11.一种用于测定感兴趣靶化合物在样品中的存在的方法，所述方法包括步骤：

a)提供权利要求1-10中任一项所述的微阵列；

b)将所述微阵列与至少部分样品接触；和

12.如权利要求11所述的方法，其特征在于，所述可检测响应选自视觉响应、电势或静电响应、热、频率和数码响应。

13.如权利要求11所述的方法，其特征在于，所述可检测响应能通过数码计数、重量测定、光学和/或电学手段来读取。

14.如权利要求11所述的方法，其特征在于，所述可检测响应产生定量和/或定性度量测定。

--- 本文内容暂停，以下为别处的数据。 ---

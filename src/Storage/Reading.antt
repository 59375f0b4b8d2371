-- ===== src/Storage/Reading.antt =====
-- storage.go: LookUp, Eval and EvalWithLabels. The label conversions copy names and values;
-- Prometheus's `labels.New`, which sorts, is a parameter. `none` is Go's panic on an index out of
-- range.
use prom_sketch_distributed.Common.{
  ◌-ℤ◌, ℕ, String, Bool, false, ◌||◌, Option, some, map_option, List, [], ◌∷◌, ◌++◌, if◌then◌else◌,
  get_elem?, ℤ, pos_part, ltb_ℤ, leb_ℤ, Result, ok, err,
}
use prom_sketch_distributed.Insert.Router.{Label}
use prom_sketch_distributed.Storage.{
  Sketches, Storage, StorageError, not_owned, eval_failed, get_partition,
}

pub record SeriesResult (V : Type 0) : Type 0 where
  pub labels : List Label
  pub samples : List (ℤ × V)

module _ {V : Type 0} where
  unfoldable pub all_samples : List (SeriesResult V) → List (ℤ × V)
  all_samples [] = []
  all_samples (r ∷ rest) = r.samples ++ all_samples rest

module _ {V : Type 0} (new_labels : List Label → List Label) where
  unfoldable pub series_results : List (List Label × List (ℤ × V)) → List (SeriesResult V)
  series_results [] = []
  series_results ((lbls, samples) ∷ rest) =
      record { labels = new_labels lbls; samples = samples } ∷ series_results rest

  -- What EvalWithLabels makes of the library's answer.
  unfoldable pub read_answer :
      String
      → List (List Label × List (ℤ × V)) × List String
      → Result StorageError (List (SeriesResult V))
  unfolding series_results
  read_answer func_name (series, []) = ok (series_results series)
  read_answer func_name (series, e ∷ es) = err (eval_failed func_name e)

module _ {S V : Type 0} (xxhash : String → ℕ) (get : List Label → String → String)
    (lib : Sketches S V) where
  unfoldable pub look_up : Storage S → List Label → String → ℤ → ℤ → Option Bool
  unfolding get_partition
  look_up s lbls func_name mint maxt =
      let p = get_partition xxhash get s.num_hashed lbls in
      if ltb_ℤ p s.partition_start || leb_ℤ s.partition_end p
      then some false
      else map_option (λ ps. (lib.look_up) ps lbls func_name mint maxt)
          (get_elem? s.partitions (pos_part (p -ℤ s.partition_start)))

  unfoldable pub eval_with_labels :
      (List Label → List Label)
      → Storage S
      → String
      → List Label
      → V
      → ℤ
      → ℤ
      → ℤ
      → Option (Result StorageError (List (SeriesResult V)))
  unfolding get_partition read_answer
  eval_with_labels new_labels s func_name lbls other_args mint maxt cur_time =
      let p = get_partition xxhash get s.num_hashed lbls in
      if ltb_ℤ p s.partition_start || leb_ℤ s.partition_end p
      then some (err (not_owned p s.partition_start s.partition_end))
      else map_option
          (λ ps.
            read_answer new_labels func_name
              ((lib.eval_with_labels) ps func_name lbls other_args mint maxt cur_time))
          (get_elem? s.partitions (pos_part (p -ℤ s.partition_start)))

  abbrev join_samples :
      Result StorageError (List (SeriesResult V)) → Result StorageError (List (ℤ × V))
  join_samples (ok results) = ok (all_samples results)
  join_samples (err e) = err e

  -- Eval: the samples of all series, one after the other.
  unfoldable pub eval :
      (List Label → List Label)
      → Storage S
      → String
      → List Label
      → V
      → ℤ
      → ℤ
      → ℤ
      → Option (Result StorageError (List (ℤ × V)))
  unfolding eval_with_labels all_samples
  eval new_labels s func_name lbls other_args mint maxt cur_time =
      map_option join_samples
        (eval_with_labels new_labels s func_name lbls other_args mint maxt cur_time)
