-- ===== src/Storage/Cells.antt =====
-- The partitions of a node's range in its list of partitions, by their index.
use prom_sketch_distributed.Common.{
  ◌-ℤ◌, ℕ, zero, suc, ◌<◌, ◌≡◌, refl, ◌≢◌, false, some, List, [], ◌∷◌, arith, get_elem?, ℤ, pos,
  pos_part,
}
use prom_sketch_distributed.Storage.{replicate, set_at}
use prom_sketch_distributed.Storage.Spec.{outside}

module _ {S : Type 0} where
  pub set_at-same :
      (i : ℕ) (x y : S) (xs : List S)
      → get_elem? xs i ≡ some y
      → get_elem? (set_at i x xs) i ≡ some x
  set_at-same i x y [] h = cc
  set_at-same zero x y (z ∷ xs) h = refl
  set_at-same (suc i) x y (z ∷ xs) h = set_at-same i x y xs h

  pub set_at-other :
      (i j : ℕ) (x : S) (xs : List S) → i ≢ j → get_elem? (set_at i x xs) j ≡ get_elem? xs j
  set_at-other i j x [] h = refl
  set_at-other zero zero x (z ∷ xs) h = absurd (h refl)
  set_at-other zero (suc j) x (z ∷ xs) h = refl
  set_at-other (suc i) zero x (z ∷ xs) h = refl
  set_at-other (suc i) (suc j) x (z ∷ xs) h = set_at-other i j x xs (λ e. h (omega (arith, e)))

  pub replicate-get : (n i : ℕ) (x : S) → i < n → get_elem? (replicate n x) i ≡ some x
  replicate-get zero i x h = absurd (omega (arith, h))
  replicate-get (suc n) zero x h = refl
  replicate-get (suc n) (suc i) x h = replicate-get n i x (omega (arith, h))

pub other_index :
    (a b : ℤ) (k j : ℕ)
    → outside a b k ≡ false
    → outside a b j ≡ false
    → k ≢ j
    → pos_part (pos k -ℤ a) ≢ pos_part (pos j -ℤ a)
unfolding ◌-ℤ◌
other_index a b k j hk hj h e = h (ground (arith, hk, hj, e))

pub inside_index :
    (a b : ℤ) (k : ℕ) → outside a b k ≡ false → pos_part (pos k -ℤ a) < pos_part (b -ℤ a)
unfolding ◌-ℤ◌
inside_index a b k h = ground (arith, h)
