-- ===== src/Exec/Markers/RoundTrip.antt =====
-- The result of `parseCommandMarkers` on what the wrapped script prints.
use mcp_ssh_workspace.Common.{
  ℕ, ◌+◌, ◌^◌, ◌<◌, ◌≡◌, ◌≢◌, none, some, [], ◌∷◌, ◌++◌, Bytes, codes, length, drop,
  take-length-append, drop_add-append, All, arith,
}
use mcp_ssh_workspace.Common.Int.{pos}
use mcp_ssh_workspace.Text.Decimal.{format, IsDigit, format-IsDigit}
use mcp_ssh_workspace.Text.Search.{has_prefix, last_index, split_n2, newline}
use mcp_ssh_workspace.Text.Search.Laws.{
  Lacks, last_index-append, last_index-skip, split_n2-append, has_prefix-append,
}
use mcp_ssh_workspace.Text.Scan.{sscanf-format}
use mcp_ssh_workspace.Text.Trim.{trim_space, trim_space-newline}
use mcp_ssh_workspace.Exec.Markers.{mcp_exit, mcp_cwd, parse_command_markers}

-- The last line of the script prints this behind the command's output: the `echo` without the
-- newline, and then `pwd`.
abbrev pub report : ℕ → Bytes → Bytes
report code cwd =
    mcp_exit ++ (codes ":" ++ (format code ++ (codes ":__MCP_CWD__:" ++ (cwd ++ newline ∷ []))))

abbrev pub exit_mark : Bytes
exit_mark = codes "__MCP_EXIT__:"

digits-Lack : (c : ℕ) (s : Bytes) → All IsDigit s → ((d : ℕ) → IsDigit d → d ≢ c) → Lacks c s
digits-Lack c [] _ h = tt
digits-Lack c (d ∷ s) (hd, hs) h = (h d hd, digits-Lack c s hs h)

-- No exit marker begins in what follows the code.
no_mark_in_tail :
    (cwd : Bytes)
    → last_index (cwd ++ newline ∷ []) exit_mark ≡ none
    → last_index (codes ":__MCP_CWD__:" ++ (cwd ++ newline ∷ [])) exit_mark ≡ none
no_mark_in_tail cwd h = unfold last_index has_prefix in rw h

abbrev meta : ℕ → Bytes → Bytes
meta code cwd = format code ++ (codes ":__MCP_CWD__:" ++ (cwd ++ newline ∷ []))

no_mark_behind :
    (code : ℕ) (cwd : Bytes)
    → last_index (cwd ++ newline ∷ []) exit_mark ≡ none
    → last_index (codes "_MCP_EXIT__:" ++ meta code cwd) exit_mark ≡ none
no_mark_behind code cwd h = unfold last_index has_prefix in rw digits
  where
    digits : last_index (meta code cwd) exit_mark ≡ none
    digits =
        last_index-skip (format code) _ b'_' (codes "_MCP_EXIT__:")
          (digits-Lack b'_' (format code) (format-IsDigit code) (λ d h. omega arith))
          (no_mark_in_tail cwd h)

module _ (out : Bytes) (code : ℕ) (cwd : Bytes)
    (no_mark : last_index (cwd ++ newline ∷ []) exit_mark ≡ none) where
  found : last_index (out ++ report code cwd) exit_mark ≡ some (length out)
  found =
      last_index-append out b'_' (codes "_MCP_EXIT__:" ++ meta code cwd) exit_mark
        (has_prefix-append exit_mark (meta code cwd)) (no_mark_behind code cwd no_mark)

  behind : drop (length out + length mcp_exit + 1) (out ++ report code cwd) ≡ meta code cwd
  behind =
      let e : length out + length mcp_exit + 1 ≡ length out + 13 = omega arith in
      rw e (drop_add-append out (report code cwd) 13)

  two_parts :
      split_n2 (meta code cwd) (codes ":__MCP_CWD__:") ≡ format code ∷ (cwd ++ newline ∷ []) ∷ []
  two_parts =
      split_n2-append (format code) (cwd ++ newline ∷ []) b':' (codes "__MCP_CWD__:")
        (digits-Lack b':' (format code) (format-IsDigit code) (λ d h. omega arith))

  -- Whatever the command printed, its output, the directory and the exit code come back apart, if
  -- the code fits an `int`, and the directory holds no exit marker and has no blanks at its ends.
  pub parse-report :
      code < 2 ^ 63
      → trim_space cwd ≡ cwd
      → parse_command_markers (out ++ report code cwd) mcp_exit mcp_cwd ≡ (out, cwd, pos code)
  parse-report fits trimmed =
      unfold parse_command_markers in
      rw (
        found,
        behind,
        two_parts,
        take-length-append out (report code cwd),
        trim_space-newline cwd,
        trimmed,
        sscanf-format code (pos 0) fits,
      )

15.用于测定样品中是否存在包含特定碱基序列的核酸的方法，所述方法包括：

a)在核酸样品中，若核酸为双链，则分离成单链；

b)将核酸的单链与信号个体偶联物混合形成混配样品；

c)通过将所述混配样品流过已功能化的如权利要求1-10中任一项所述的微阵列的表面来测定是否存在包含特定碱基序列的核酸；以及

d)对所结合信号个体偶联物计数。

16.一种用于测定基因启动子区内甲基化程度的方法，所述方法包括：

a)在核酸样品中，若核酸为双链，则分离成单链；

b)处理所述核酸样品使未甲基化的胞嘧啶转化为尿嘧啶；

c)混合核酸的单链与信号个体偶联物以形成混配样品；

d)通过将所述混配样品流过已功能化的如权利要求1-10中任一项所述的微阵列的表面来测定启动子区域中甲基化的存在和/或程度；以及

e)对所结合信号个体偶联物计数。